Task details.
In the data below, find the line that contains "-- ===== src/Url/Normal.antt" and the line that contains "All IsComponent (keep_component kept c)". Copy both, plus every line between them, exactly.

Input material.
========================================
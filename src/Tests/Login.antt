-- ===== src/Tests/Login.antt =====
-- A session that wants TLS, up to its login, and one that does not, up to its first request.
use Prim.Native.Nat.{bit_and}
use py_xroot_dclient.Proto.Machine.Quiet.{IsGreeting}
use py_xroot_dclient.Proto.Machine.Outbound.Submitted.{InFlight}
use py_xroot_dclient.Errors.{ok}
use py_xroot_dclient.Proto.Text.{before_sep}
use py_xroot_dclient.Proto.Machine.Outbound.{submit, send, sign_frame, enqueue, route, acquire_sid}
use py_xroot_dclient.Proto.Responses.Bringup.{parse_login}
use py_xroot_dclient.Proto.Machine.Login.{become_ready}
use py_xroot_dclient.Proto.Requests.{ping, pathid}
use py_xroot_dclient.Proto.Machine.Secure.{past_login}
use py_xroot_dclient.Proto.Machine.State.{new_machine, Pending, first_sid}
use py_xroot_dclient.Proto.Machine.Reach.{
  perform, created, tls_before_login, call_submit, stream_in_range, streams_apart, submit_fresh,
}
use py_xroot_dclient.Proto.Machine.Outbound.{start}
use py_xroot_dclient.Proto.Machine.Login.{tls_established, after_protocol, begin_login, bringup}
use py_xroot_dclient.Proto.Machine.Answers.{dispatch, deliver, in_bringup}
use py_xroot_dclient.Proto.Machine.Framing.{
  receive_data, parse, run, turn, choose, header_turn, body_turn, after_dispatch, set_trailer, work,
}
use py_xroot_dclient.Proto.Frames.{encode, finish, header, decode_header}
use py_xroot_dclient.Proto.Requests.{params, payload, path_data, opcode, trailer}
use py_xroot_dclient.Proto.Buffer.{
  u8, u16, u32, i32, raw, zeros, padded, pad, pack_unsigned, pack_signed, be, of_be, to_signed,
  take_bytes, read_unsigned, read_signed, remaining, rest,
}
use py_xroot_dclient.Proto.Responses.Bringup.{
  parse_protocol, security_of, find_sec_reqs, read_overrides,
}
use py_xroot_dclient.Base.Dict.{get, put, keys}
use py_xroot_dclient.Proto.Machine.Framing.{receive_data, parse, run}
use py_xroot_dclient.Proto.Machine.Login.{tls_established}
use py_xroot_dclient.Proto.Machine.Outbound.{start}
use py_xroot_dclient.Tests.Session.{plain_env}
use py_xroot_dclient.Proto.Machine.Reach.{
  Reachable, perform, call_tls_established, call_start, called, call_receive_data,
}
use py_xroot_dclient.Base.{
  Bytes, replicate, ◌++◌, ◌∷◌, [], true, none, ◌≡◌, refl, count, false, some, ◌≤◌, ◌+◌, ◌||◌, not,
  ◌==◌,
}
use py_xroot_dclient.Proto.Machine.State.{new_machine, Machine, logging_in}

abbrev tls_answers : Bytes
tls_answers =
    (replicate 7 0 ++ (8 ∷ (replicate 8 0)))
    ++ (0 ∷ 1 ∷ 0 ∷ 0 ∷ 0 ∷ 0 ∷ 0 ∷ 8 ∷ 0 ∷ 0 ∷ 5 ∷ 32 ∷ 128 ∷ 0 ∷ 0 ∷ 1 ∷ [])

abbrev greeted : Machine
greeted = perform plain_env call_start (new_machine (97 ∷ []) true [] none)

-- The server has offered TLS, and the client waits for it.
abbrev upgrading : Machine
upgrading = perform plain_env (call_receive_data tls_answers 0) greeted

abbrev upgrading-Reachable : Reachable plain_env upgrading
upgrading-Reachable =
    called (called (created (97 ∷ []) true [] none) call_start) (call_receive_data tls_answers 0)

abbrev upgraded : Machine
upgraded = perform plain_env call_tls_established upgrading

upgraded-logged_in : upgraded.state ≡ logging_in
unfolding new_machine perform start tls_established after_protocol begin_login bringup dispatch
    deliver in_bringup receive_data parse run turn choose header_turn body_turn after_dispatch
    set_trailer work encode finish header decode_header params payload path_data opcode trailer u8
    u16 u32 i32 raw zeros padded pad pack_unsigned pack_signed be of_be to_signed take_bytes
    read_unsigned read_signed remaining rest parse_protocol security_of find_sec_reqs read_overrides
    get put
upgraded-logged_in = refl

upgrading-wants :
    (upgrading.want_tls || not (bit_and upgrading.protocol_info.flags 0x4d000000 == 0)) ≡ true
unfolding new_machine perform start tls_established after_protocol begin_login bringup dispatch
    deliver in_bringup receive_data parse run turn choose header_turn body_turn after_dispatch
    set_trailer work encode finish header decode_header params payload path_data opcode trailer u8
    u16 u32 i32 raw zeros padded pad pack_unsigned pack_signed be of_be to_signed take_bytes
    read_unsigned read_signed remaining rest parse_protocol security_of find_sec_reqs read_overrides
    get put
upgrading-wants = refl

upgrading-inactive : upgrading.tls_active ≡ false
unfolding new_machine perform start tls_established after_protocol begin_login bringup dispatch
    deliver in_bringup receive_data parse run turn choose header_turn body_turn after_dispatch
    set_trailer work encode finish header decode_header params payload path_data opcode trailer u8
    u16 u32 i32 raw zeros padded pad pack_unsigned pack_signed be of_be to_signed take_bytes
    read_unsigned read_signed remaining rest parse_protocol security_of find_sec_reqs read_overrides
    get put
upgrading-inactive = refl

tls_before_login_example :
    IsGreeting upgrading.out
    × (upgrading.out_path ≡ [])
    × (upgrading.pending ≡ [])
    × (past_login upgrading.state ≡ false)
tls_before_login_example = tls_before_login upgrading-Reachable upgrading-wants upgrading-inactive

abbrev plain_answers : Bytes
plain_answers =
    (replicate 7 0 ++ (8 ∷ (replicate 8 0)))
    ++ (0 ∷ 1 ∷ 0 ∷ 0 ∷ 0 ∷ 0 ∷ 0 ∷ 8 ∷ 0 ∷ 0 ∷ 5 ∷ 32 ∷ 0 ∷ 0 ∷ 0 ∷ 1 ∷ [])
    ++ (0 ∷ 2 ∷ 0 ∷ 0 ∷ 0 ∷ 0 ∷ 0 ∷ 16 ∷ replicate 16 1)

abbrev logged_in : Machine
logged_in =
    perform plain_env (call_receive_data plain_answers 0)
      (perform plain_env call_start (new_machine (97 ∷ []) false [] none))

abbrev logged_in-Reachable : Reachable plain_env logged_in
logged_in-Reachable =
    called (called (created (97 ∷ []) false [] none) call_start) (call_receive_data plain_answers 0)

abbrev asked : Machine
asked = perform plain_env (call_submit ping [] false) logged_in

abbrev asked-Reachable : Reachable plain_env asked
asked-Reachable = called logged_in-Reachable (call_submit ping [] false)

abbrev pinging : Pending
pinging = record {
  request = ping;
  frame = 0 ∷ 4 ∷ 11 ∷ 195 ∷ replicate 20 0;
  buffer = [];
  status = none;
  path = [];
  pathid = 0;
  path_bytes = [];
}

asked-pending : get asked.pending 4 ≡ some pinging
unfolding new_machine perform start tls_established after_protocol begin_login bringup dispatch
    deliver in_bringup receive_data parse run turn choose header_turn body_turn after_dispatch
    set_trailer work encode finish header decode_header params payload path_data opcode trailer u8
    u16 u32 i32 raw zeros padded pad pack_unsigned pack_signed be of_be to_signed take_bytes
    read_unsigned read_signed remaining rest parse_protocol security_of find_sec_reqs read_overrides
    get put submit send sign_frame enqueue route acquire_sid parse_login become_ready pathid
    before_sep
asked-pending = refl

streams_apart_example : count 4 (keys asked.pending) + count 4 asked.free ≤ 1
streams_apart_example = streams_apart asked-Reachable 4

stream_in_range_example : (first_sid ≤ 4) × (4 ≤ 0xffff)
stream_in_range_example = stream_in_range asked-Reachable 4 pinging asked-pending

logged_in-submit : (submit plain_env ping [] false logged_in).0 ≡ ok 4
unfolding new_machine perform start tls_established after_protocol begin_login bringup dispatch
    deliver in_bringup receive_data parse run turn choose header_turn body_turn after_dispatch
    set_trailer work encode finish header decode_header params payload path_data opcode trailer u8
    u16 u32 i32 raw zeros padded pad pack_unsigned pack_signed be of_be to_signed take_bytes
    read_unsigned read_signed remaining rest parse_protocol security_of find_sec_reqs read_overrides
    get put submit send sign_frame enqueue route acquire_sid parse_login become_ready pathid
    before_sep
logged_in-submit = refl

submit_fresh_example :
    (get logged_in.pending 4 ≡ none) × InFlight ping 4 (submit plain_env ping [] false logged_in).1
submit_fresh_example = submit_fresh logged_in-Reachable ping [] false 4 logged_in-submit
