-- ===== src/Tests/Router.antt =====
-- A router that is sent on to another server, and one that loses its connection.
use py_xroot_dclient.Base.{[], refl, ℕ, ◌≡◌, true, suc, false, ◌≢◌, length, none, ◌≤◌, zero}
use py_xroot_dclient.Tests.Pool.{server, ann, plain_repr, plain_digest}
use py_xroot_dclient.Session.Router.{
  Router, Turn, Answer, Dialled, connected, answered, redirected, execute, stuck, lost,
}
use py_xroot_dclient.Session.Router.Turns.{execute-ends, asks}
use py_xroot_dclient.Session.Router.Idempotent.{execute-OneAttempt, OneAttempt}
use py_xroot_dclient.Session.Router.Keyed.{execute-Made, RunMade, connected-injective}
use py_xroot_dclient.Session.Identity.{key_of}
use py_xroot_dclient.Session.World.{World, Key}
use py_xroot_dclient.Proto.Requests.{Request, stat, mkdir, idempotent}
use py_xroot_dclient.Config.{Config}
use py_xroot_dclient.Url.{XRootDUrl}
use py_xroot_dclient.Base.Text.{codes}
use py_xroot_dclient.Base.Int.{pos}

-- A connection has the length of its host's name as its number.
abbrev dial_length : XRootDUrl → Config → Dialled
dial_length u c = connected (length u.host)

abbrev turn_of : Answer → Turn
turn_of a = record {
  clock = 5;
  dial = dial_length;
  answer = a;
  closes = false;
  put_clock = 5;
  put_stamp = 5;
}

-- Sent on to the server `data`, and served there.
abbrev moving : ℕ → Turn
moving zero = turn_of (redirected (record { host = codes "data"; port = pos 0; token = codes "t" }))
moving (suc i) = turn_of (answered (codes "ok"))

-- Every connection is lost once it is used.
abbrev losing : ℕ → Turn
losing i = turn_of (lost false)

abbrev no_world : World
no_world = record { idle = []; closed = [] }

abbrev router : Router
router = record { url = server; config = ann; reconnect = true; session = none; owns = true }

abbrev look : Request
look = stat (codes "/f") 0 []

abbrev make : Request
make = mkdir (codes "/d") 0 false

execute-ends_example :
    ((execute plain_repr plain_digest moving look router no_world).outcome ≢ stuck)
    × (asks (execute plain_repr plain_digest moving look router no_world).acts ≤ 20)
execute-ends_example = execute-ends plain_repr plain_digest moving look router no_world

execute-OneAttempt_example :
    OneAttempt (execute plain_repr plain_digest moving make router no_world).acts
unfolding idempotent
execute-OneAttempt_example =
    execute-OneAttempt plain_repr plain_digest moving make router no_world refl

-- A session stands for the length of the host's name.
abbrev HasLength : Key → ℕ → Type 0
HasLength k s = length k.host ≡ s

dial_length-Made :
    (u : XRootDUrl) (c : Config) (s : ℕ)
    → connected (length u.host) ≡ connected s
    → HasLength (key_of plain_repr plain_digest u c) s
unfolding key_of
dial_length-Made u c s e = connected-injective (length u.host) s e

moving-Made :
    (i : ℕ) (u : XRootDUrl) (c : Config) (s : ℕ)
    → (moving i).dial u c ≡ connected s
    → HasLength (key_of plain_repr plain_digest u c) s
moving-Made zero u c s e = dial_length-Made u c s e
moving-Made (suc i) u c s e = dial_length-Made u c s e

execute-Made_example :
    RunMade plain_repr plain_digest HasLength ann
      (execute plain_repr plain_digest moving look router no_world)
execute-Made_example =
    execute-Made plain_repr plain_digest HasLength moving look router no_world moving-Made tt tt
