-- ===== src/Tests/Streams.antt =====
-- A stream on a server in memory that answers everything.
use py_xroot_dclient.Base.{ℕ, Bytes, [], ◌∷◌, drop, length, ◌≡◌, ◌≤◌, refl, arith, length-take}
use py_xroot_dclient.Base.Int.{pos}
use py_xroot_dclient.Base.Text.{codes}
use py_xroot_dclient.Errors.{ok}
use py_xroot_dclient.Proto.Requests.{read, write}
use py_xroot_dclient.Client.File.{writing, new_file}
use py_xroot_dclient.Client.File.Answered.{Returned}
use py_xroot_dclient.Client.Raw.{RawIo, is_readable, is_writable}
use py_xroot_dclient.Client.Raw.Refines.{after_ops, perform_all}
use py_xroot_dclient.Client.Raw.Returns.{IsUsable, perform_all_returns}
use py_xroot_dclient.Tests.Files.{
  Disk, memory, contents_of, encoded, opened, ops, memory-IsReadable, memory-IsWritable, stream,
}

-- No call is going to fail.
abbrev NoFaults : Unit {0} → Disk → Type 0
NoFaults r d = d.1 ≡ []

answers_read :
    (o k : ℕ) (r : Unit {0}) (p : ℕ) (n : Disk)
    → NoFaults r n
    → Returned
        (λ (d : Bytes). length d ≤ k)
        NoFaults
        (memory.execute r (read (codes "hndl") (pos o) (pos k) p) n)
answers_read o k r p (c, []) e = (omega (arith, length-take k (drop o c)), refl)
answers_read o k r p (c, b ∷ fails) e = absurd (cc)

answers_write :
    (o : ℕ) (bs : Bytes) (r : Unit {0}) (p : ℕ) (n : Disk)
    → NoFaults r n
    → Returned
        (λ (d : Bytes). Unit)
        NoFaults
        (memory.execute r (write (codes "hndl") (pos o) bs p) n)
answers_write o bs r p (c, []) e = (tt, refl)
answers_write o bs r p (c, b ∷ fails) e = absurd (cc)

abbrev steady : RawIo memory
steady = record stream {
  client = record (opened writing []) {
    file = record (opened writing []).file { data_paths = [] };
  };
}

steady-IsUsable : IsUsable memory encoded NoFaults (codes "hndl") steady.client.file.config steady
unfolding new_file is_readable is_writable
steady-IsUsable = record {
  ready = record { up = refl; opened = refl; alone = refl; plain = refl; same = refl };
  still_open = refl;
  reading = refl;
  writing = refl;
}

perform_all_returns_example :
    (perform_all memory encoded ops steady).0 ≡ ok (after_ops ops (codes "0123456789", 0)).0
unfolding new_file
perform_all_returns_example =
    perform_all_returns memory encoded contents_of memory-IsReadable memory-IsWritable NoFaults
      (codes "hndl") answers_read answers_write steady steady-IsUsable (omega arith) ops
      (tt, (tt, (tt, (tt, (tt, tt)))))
========================================
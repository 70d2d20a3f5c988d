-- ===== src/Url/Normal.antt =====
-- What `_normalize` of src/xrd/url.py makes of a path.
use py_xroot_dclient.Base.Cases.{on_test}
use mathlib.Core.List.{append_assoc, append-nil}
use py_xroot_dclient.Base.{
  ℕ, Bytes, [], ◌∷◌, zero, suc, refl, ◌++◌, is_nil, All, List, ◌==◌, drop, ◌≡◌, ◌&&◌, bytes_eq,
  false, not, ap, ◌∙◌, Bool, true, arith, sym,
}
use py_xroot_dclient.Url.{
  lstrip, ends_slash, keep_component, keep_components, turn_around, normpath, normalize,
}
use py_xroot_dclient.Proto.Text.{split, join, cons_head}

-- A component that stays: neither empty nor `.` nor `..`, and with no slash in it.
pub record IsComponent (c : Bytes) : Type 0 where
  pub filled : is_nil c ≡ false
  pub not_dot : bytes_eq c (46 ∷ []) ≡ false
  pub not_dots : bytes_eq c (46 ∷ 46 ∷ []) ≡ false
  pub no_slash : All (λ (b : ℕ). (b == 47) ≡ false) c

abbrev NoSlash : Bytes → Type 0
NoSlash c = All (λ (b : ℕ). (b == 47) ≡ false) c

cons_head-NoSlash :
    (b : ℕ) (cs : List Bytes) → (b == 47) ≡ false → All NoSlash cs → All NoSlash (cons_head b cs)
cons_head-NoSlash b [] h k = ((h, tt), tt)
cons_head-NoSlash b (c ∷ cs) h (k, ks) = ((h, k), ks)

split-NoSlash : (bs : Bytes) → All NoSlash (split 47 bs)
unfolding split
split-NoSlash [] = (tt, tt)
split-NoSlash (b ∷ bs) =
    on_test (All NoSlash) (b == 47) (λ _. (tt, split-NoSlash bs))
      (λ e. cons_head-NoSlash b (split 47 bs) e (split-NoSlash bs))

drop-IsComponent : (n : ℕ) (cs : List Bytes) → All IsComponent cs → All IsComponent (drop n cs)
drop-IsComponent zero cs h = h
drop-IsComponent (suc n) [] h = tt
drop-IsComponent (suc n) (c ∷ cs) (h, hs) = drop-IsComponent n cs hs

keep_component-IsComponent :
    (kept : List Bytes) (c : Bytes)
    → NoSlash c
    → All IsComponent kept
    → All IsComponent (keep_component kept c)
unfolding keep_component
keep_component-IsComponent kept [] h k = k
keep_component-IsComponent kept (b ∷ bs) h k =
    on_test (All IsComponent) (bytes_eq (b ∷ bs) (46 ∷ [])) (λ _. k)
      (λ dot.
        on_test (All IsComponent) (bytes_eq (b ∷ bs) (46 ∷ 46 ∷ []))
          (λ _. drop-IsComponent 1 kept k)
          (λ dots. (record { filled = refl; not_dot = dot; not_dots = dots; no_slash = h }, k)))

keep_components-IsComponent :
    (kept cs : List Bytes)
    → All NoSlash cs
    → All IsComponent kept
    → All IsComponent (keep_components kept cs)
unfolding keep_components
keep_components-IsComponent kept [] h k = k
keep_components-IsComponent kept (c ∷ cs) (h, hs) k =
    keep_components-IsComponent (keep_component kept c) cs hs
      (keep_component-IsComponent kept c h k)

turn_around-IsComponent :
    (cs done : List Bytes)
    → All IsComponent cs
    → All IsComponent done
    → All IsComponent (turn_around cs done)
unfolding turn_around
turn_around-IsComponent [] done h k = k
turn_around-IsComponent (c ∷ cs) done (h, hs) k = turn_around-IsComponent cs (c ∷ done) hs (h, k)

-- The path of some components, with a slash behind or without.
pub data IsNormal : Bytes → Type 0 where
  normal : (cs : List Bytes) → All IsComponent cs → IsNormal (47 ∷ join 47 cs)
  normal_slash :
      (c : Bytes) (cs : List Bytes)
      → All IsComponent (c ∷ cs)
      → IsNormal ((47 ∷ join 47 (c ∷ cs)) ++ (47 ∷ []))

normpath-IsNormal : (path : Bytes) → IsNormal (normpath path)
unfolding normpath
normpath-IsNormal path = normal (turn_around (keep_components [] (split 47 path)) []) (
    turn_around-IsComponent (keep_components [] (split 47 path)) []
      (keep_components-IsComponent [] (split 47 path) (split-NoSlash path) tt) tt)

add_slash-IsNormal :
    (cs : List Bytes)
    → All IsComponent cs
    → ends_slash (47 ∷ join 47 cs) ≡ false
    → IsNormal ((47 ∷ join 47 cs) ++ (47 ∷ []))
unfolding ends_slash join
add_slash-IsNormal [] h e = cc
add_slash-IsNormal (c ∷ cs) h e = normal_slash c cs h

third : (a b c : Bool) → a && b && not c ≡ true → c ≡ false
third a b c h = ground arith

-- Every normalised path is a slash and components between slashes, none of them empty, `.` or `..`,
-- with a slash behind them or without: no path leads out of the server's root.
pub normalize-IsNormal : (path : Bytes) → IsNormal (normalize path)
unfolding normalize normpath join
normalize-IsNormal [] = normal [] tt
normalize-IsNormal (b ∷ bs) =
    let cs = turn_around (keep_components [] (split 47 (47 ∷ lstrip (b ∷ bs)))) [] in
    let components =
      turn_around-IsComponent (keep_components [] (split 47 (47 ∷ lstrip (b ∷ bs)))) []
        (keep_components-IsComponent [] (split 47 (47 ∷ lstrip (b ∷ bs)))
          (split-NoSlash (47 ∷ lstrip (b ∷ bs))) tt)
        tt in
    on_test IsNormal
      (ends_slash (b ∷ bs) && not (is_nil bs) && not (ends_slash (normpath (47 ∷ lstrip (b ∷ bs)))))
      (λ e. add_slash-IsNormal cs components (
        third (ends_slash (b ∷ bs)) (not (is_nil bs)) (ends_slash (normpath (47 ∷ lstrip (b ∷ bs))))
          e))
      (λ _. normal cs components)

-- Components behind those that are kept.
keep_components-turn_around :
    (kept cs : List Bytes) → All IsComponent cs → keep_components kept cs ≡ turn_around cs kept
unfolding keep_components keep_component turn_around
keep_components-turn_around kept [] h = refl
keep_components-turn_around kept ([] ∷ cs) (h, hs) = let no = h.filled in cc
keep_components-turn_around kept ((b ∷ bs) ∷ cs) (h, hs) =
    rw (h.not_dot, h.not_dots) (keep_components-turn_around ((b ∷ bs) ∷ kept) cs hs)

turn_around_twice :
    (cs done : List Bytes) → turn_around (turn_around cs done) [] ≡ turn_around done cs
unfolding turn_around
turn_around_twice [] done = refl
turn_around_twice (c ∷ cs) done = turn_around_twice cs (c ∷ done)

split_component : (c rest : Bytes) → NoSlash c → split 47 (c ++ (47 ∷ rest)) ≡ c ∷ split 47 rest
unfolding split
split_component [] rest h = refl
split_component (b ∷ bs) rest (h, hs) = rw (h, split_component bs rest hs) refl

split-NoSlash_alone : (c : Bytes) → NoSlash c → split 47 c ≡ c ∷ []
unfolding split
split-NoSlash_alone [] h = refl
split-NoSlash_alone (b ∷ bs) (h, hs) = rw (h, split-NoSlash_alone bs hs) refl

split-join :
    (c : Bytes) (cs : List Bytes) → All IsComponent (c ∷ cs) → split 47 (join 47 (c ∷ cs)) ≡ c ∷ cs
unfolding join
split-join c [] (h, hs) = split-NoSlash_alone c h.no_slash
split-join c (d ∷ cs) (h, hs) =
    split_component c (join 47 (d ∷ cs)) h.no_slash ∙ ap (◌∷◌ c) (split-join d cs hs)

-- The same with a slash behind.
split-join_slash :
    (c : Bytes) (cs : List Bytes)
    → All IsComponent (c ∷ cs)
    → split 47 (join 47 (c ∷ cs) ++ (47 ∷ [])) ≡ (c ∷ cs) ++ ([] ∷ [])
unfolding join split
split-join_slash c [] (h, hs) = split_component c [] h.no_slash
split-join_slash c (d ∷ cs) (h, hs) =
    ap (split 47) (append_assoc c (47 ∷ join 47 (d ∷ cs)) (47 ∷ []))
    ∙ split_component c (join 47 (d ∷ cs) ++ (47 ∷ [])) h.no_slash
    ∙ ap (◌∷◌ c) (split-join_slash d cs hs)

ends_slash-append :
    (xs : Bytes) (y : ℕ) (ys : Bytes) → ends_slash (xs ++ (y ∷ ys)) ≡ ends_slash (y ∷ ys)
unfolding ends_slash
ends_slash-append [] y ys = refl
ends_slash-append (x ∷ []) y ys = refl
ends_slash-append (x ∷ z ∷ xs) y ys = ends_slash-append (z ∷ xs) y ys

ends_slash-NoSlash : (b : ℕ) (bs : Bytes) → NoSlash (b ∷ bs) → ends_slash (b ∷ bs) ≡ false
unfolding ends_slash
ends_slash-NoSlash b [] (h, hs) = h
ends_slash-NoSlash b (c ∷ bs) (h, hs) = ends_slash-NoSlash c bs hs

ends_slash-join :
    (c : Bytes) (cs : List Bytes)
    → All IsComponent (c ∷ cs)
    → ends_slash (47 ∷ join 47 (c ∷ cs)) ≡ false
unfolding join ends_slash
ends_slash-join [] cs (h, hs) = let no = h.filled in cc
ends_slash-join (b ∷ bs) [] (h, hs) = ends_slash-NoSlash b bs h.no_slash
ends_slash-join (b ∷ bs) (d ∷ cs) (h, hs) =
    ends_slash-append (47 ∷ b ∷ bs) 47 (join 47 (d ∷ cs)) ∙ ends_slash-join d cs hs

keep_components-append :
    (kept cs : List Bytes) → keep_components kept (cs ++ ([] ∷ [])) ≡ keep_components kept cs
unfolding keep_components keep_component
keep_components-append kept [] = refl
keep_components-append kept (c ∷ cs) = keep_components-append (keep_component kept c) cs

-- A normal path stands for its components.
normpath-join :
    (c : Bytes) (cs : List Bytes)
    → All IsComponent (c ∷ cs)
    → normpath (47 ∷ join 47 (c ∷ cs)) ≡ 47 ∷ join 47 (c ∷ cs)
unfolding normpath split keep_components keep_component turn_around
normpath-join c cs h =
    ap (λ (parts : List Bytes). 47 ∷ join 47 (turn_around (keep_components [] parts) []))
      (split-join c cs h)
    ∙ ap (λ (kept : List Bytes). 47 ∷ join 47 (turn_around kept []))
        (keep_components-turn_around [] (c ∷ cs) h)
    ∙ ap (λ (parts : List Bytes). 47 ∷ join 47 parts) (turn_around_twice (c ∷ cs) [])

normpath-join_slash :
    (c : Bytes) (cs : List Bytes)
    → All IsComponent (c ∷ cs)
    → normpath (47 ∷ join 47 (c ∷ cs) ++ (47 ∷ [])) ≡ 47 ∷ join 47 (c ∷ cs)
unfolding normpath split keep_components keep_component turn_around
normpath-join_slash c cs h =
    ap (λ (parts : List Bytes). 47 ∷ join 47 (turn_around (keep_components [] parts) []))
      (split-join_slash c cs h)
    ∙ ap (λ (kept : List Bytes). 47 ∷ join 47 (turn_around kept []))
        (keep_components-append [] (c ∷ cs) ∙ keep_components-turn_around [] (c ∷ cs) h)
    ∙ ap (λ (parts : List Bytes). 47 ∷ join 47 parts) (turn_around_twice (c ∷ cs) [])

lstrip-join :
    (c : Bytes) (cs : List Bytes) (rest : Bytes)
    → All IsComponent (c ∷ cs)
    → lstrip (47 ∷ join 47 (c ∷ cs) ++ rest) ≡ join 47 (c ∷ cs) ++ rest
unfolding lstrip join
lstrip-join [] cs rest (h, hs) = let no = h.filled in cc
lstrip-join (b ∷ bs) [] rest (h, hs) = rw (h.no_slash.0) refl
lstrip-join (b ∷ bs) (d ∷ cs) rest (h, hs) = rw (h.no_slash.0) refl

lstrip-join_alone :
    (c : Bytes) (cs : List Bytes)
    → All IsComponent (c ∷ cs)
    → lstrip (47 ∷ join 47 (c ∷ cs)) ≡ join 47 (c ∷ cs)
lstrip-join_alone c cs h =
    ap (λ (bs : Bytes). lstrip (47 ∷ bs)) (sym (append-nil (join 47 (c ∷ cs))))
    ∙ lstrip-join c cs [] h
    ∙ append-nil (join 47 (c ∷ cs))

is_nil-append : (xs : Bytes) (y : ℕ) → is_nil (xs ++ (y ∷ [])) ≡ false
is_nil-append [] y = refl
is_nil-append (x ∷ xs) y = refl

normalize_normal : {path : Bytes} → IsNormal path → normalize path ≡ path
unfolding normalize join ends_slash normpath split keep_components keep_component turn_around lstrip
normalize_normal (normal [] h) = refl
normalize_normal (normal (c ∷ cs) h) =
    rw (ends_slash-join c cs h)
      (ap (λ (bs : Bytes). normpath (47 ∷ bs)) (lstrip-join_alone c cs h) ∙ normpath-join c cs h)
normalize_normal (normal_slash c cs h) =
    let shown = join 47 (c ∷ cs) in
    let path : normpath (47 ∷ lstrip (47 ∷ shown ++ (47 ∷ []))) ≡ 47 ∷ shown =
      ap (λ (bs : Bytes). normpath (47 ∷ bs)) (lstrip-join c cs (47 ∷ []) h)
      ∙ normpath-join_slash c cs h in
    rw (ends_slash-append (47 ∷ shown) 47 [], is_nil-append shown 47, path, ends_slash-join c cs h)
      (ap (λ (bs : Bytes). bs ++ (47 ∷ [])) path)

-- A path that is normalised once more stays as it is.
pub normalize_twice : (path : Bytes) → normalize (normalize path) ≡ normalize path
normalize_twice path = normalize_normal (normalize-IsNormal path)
========================================
Task solution.
-- ===== src/Url/Normal.antt =====
-- What `_normalize` of src/xrd/url.py makes of a path.
use py_xroot_dclient.Base.Cases.{on_test}
use mathlib.Core.List.{append_assoc, append-nil}
use py_xroot_dclient.Base.{
  ℕ, Bytes, [], ◌∷◌, zero, suc, refl, ◌++◌, is_nil, All, List, ◌==◌, drop, ◌≡◌, ◌&&◌, bytes_eq,
  false, not, ap, ◌∙◌, Bool, true, arith, sym,
}
use py_xroot_dclient.Url.{
  lstrip, ends_slash, keep_component, keep_components, turn_around, normpath, normalize,
}
use py_xroot_dclient.Proto.Text.{split, join, cons_head}

-- A component that stays: neither empty nor `.` nor `..`, and with no slash in it.
pub record IsComponent (c : Bytes) : Type 0 where
  pub filled : is_nil c ≡ false
  pub not_dot : bytes_eq c (46 ∷ []) ≡ false
  pub not_dots : bytes_eq c (46 ∷ 46 ∷ []) ≡ false
  pub no_slash : All (λ (b : ℕ). (b == 47) ≡ false) c

abbrev NoSlash : Bytes → Type 0
NoSlash c = All (λ (b : ℕ). (b == 47) ≡ false) c

cons_head-NoSlash :
    (b : ℕ) (cs : List Bytes) → (b == 47) ≡ false → All NoSlash cs → All NoSlash (cons_head b cs)
cons_head-NoSlash b [] h k = ((h, tt), tt)
cons_head-NoSlash b (c ∷ cs) h (k, ks) = ((h, k), ks)

split-NoSlash : (bs : Bytes) → All NoSlash (split 47 bs)
unfolding split
split-NoSlash [] = (tt, tt)
split-NoSlash (b ∷ bs) =
    on_test (All NoSlash) (b == 47) (λ _. (tt, split-NoSlash bs))
      (λ e. cons_head-NoSlash b (split 47 bs) e (split-NoSlash bs))

drop-IsComponent : (n : ℕ) (cs : List Bytes) → All IsComponent cs → All IsComponent (drop n cs)
drop-IsComponent zero cs h = h
drop-IsComponent (suc n) [] h = tt
drop-IsComponent (suc n) (c ∷ cs) (h, hs) = drop-IsComponent n cs hs

keep_component-IsComponent :
    (kept : List Bytes) (c : Bytes)
    → NoSlash c
    → All IsComponent kept
    → All IsComponent (keep_component kept c)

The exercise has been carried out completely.